GIVEN INFORMATION:
· · ·

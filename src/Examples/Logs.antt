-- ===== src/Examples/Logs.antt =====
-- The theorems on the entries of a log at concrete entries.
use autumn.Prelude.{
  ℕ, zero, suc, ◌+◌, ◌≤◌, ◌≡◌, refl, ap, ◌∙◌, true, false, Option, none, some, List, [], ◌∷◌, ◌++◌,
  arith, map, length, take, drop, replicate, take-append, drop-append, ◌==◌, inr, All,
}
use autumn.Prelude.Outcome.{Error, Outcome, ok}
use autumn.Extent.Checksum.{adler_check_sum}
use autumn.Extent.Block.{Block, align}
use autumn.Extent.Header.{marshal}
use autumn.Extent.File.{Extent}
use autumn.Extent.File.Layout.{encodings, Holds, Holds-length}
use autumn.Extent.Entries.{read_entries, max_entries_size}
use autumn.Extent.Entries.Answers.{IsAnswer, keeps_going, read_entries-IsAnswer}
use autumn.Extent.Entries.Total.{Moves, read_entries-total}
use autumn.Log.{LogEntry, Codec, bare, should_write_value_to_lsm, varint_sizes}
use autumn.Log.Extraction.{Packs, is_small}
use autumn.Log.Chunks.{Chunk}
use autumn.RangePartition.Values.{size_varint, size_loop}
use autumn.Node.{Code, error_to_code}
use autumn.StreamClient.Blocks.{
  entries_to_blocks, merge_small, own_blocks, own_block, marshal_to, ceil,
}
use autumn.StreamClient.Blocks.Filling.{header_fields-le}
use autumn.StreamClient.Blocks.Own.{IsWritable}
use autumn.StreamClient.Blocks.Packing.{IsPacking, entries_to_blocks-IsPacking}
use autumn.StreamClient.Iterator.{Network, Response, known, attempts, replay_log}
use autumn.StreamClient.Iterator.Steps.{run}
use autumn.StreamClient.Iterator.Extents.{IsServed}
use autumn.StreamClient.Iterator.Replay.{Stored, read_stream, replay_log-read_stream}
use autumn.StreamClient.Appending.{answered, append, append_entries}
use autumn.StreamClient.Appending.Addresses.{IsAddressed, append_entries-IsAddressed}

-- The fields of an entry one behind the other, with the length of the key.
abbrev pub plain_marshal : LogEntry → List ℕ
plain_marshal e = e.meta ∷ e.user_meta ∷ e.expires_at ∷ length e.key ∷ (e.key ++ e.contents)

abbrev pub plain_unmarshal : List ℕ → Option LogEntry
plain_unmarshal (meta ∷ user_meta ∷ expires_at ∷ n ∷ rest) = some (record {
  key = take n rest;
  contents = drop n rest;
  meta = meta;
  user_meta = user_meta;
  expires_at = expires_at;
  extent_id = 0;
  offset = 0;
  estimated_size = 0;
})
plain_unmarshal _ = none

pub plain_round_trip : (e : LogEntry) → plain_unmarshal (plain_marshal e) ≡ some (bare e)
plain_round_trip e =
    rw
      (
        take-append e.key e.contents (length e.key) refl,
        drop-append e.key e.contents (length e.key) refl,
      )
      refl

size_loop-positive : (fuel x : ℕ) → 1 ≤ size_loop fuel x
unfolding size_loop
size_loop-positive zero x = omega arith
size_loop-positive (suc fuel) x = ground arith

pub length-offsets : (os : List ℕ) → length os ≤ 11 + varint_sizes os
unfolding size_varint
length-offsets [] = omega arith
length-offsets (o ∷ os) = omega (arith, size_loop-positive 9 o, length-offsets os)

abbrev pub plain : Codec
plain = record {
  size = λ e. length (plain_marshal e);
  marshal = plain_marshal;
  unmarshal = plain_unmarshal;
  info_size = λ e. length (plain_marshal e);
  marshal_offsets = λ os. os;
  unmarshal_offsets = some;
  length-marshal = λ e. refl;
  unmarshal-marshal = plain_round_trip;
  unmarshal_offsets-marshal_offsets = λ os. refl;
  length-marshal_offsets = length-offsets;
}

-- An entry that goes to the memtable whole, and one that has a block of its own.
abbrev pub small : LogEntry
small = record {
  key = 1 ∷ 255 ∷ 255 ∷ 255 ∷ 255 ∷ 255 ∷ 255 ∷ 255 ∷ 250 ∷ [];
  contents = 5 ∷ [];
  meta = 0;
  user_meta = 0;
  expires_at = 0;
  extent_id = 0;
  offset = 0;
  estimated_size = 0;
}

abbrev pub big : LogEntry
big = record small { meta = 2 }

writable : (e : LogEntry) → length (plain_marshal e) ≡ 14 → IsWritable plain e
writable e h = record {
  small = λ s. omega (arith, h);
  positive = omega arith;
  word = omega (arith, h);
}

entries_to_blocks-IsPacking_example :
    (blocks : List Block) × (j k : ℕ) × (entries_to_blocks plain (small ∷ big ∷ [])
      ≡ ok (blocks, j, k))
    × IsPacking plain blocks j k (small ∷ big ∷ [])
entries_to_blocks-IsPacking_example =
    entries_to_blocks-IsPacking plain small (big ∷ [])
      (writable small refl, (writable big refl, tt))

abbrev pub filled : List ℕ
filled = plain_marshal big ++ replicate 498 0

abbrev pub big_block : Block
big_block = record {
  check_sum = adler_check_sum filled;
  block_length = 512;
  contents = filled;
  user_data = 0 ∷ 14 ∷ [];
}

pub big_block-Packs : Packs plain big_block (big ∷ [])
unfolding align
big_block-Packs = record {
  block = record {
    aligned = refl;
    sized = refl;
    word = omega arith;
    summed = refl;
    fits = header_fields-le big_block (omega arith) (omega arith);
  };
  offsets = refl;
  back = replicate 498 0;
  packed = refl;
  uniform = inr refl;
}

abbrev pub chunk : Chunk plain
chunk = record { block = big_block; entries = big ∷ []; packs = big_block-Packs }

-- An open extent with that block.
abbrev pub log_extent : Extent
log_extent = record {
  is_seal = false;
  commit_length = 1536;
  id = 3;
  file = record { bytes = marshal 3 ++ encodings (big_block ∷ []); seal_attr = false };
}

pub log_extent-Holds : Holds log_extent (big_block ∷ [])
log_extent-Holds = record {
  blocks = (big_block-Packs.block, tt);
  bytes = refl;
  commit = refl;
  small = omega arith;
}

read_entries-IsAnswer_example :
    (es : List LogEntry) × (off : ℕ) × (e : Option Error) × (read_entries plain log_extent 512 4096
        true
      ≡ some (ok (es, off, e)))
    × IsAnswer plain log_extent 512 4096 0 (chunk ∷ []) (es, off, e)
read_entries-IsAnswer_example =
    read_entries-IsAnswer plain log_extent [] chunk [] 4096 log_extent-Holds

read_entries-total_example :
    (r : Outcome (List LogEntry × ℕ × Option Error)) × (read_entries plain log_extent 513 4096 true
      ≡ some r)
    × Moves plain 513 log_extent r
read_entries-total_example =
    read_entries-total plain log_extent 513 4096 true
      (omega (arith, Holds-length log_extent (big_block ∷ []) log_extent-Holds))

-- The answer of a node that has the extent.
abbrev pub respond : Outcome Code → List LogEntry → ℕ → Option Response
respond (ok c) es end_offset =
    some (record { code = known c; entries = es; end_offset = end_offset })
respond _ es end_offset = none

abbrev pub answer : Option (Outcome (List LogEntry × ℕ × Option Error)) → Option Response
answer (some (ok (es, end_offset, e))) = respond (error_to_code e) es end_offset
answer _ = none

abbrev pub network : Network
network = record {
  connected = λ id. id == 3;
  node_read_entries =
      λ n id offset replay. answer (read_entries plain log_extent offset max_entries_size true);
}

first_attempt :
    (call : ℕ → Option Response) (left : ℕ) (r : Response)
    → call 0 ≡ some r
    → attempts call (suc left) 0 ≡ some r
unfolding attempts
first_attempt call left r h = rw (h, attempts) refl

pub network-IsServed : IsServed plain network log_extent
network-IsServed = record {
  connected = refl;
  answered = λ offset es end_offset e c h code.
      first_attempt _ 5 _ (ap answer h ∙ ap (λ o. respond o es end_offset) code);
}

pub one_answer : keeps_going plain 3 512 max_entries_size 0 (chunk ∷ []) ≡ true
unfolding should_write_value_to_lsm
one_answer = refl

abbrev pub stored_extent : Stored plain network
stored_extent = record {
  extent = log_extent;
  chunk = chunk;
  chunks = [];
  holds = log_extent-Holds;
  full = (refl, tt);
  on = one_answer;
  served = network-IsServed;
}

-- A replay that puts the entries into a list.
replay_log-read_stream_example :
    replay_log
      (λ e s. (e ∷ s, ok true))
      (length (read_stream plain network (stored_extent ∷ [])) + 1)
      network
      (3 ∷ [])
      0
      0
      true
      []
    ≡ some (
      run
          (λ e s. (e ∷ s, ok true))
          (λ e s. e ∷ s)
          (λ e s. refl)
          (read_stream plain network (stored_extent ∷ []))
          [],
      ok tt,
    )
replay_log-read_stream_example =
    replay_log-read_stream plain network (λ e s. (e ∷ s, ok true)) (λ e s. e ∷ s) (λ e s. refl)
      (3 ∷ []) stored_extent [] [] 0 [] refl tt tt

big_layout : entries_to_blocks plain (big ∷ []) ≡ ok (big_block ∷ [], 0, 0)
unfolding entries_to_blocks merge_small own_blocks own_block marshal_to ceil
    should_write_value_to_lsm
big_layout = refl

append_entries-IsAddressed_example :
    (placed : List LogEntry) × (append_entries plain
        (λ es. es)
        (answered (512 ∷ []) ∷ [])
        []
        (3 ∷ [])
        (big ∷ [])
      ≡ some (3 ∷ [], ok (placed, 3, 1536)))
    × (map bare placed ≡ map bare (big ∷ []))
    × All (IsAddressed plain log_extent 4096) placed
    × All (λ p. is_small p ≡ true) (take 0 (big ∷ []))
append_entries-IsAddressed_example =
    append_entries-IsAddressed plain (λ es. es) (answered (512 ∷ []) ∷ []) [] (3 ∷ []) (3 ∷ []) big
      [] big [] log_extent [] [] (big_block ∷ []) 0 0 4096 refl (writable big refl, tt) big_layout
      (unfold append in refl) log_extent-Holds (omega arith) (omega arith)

· · ·

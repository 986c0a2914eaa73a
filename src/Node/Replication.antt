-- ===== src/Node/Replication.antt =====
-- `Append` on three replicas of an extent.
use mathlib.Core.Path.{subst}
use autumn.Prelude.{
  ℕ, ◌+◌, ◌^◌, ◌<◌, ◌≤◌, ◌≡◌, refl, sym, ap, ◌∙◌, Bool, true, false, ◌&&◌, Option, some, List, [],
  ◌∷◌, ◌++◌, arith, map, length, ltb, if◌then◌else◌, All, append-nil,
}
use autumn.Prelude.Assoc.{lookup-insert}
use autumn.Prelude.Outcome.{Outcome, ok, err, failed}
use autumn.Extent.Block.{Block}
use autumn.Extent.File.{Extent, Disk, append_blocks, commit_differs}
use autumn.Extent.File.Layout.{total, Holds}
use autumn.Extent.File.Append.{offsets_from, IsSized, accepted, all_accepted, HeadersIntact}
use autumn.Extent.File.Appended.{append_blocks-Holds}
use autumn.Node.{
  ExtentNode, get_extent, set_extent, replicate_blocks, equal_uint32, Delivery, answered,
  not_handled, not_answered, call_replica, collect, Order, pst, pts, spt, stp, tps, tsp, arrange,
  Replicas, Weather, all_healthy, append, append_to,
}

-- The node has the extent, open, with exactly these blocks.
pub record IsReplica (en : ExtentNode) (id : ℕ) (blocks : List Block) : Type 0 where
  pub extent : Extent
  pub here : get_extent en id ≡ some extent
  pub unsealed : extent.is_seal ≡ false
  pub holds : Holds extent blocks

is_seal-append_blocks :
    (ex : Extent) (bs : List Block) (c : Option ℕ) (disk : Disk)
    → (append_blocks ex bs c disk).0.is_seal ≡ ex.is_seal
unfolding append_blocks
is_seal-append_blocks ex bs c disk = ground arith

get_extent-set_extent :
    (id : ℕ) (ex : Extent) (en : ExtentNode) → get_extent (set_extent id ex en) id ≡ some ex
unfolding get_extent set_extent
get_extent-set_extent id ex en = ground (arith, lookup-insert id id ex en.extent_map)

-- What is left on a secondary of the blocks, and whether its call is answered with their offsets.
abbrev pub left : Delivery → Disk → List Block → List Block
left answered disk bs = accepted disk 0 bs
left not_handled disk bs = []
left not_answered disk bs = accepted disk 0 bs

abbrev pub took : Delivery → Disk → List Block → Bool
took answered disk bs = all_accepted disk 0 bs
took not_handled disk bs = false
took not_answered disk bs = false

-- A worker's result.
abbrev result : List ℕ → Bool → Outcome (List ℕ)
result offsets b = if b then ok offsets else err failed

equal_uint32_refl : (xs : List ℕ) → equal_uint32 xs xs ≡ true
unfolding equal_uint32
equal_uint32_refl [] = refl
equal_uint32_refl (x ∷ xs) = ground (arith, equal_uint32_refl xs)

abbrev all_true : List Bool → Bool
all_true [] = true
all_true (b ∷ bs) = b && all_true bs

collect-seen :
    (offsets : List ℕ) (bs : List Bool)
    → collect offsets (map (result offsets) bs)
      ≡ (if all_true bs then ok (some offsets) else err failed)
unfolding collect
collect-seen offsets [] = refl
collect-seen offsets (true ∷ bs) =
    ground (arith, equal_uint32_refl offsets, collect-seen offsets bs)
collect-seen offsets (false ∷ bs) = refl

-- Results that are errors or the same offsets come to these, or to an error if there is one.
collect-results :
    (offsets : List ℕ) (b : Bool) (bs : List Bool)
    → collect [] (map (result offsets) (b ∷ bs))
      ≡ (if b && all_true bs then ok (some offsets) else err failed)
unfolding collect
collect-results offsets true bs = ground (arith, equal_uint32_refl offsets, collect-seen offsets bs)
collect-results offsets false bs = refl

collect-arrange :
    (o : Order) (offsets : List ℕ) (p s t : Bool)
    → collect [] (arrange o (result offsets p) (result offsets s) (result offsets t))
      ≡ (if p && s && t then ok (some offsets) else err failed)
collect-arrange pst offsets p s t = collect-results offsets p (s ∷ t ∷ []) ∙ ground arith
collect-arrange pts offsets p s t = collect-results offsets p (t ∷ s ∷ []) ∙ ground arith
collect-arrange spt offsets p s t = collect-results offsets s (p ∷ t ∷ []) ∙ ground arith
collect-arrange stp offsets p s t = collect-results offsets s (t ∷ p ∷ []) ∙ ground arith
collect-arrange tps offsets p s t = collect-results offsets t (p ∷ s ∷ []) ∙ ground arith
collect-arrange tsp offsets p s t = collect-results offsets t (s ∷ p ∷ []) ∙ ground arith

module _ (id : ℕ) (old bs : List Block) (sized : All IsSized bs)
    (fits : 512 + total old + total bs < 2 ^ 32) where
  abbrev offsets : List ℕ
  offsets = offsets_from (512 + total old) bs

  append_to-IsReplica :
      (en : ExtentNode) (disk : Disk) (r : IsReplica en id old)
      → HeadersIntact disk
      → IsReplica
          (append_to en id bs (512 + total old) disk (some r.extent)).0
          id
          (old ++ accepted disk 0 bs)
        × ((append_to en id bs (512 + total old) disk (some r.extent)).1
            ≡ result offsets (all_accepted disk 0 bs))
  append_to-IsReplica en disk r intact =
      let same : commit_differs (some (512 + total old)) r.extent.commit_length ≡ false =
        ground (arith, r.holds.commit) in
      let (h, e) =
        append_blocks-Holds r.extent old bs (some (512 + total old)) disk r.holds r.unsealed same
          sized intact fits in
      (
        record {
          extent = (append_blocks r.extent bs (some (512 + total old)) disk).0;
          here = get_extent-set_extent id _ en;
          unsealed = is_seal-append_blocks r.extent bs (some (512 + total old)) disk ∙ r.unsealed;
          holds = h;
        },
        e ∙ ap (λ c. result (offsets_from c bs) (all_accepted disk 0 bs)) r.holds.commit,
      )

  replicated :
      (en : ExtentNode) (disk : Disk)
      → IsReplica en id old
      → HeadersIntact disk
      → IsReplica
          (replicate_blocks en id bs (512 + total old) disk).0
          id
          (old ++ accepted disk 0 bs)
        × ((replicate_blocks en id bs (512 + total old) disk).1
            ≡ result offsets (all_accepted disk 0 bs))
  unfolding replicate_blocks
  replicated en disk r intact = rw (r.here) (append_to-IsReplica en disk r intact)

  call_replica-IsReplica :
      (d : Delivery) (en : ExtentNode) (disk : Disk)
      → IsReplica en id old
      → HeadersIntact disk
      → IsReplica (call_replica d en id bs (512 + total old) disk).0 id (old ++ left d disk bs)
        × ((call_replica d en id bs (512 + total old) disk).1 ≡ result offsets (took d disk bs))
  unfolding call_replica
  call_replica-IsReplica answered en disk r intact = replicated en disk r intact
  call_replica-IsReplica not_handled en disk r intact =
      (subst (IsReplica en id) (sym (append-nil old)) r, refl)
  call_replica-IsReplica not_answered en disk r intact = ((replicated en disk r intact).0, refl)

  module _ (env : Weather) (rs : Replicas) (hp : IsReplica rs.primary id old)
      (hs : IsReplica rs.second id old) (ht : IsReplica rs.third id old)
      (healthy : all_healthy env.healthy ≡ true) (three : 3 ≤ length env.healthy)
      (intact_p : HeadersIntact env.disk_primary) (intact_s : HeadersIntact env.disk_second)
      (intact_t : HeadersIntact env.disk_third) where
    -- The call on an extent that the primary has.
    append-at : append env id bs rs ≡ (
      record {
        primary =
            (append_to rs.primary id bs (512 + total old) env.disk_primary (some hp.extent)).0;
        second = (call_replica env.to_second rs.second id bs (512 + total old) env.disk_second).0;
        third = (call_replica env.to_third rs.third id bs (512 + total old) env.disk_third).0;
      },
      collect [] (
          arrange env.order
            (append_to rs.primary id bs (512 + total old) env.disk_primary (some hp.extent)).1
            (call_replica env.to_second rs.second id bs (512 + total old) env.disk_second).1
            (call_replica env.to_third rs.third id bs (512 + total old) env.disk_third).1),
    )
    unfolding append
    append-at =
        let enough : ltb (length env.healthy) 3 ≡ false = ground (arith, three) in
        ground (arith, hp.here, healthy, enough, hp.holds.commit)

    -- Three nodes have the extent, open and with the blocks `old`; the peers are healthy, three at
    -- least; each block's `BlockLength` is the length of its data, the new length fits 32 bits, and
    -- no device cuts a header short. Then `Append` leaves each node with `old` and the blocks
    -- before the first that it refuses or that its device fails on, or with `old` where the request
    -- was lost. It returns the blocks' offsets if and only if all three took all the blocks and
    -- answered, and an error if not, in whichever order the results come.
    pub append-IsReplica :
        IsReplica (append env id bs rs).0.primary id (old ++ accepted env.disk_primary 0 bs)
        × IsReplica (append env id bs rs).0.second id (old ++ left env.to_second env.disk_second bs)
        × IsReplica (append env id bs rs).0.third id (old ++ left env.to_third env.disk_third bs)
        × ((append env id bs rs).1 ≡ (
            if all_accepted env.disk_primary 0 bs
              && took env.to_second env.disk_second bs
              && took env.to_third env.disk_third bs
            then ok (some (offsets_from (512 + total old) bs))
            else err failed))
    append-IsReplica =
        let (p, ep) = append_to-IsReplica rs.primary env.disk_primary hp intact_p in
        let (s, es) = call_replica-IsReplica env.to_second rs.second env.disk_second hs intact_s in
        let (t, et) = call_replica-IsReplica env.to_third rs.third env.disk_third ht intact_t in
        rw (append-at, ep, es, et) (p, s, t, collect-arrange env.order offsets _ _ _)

· · ·

From the data above, count the lines that contain "known" and write only that count.

2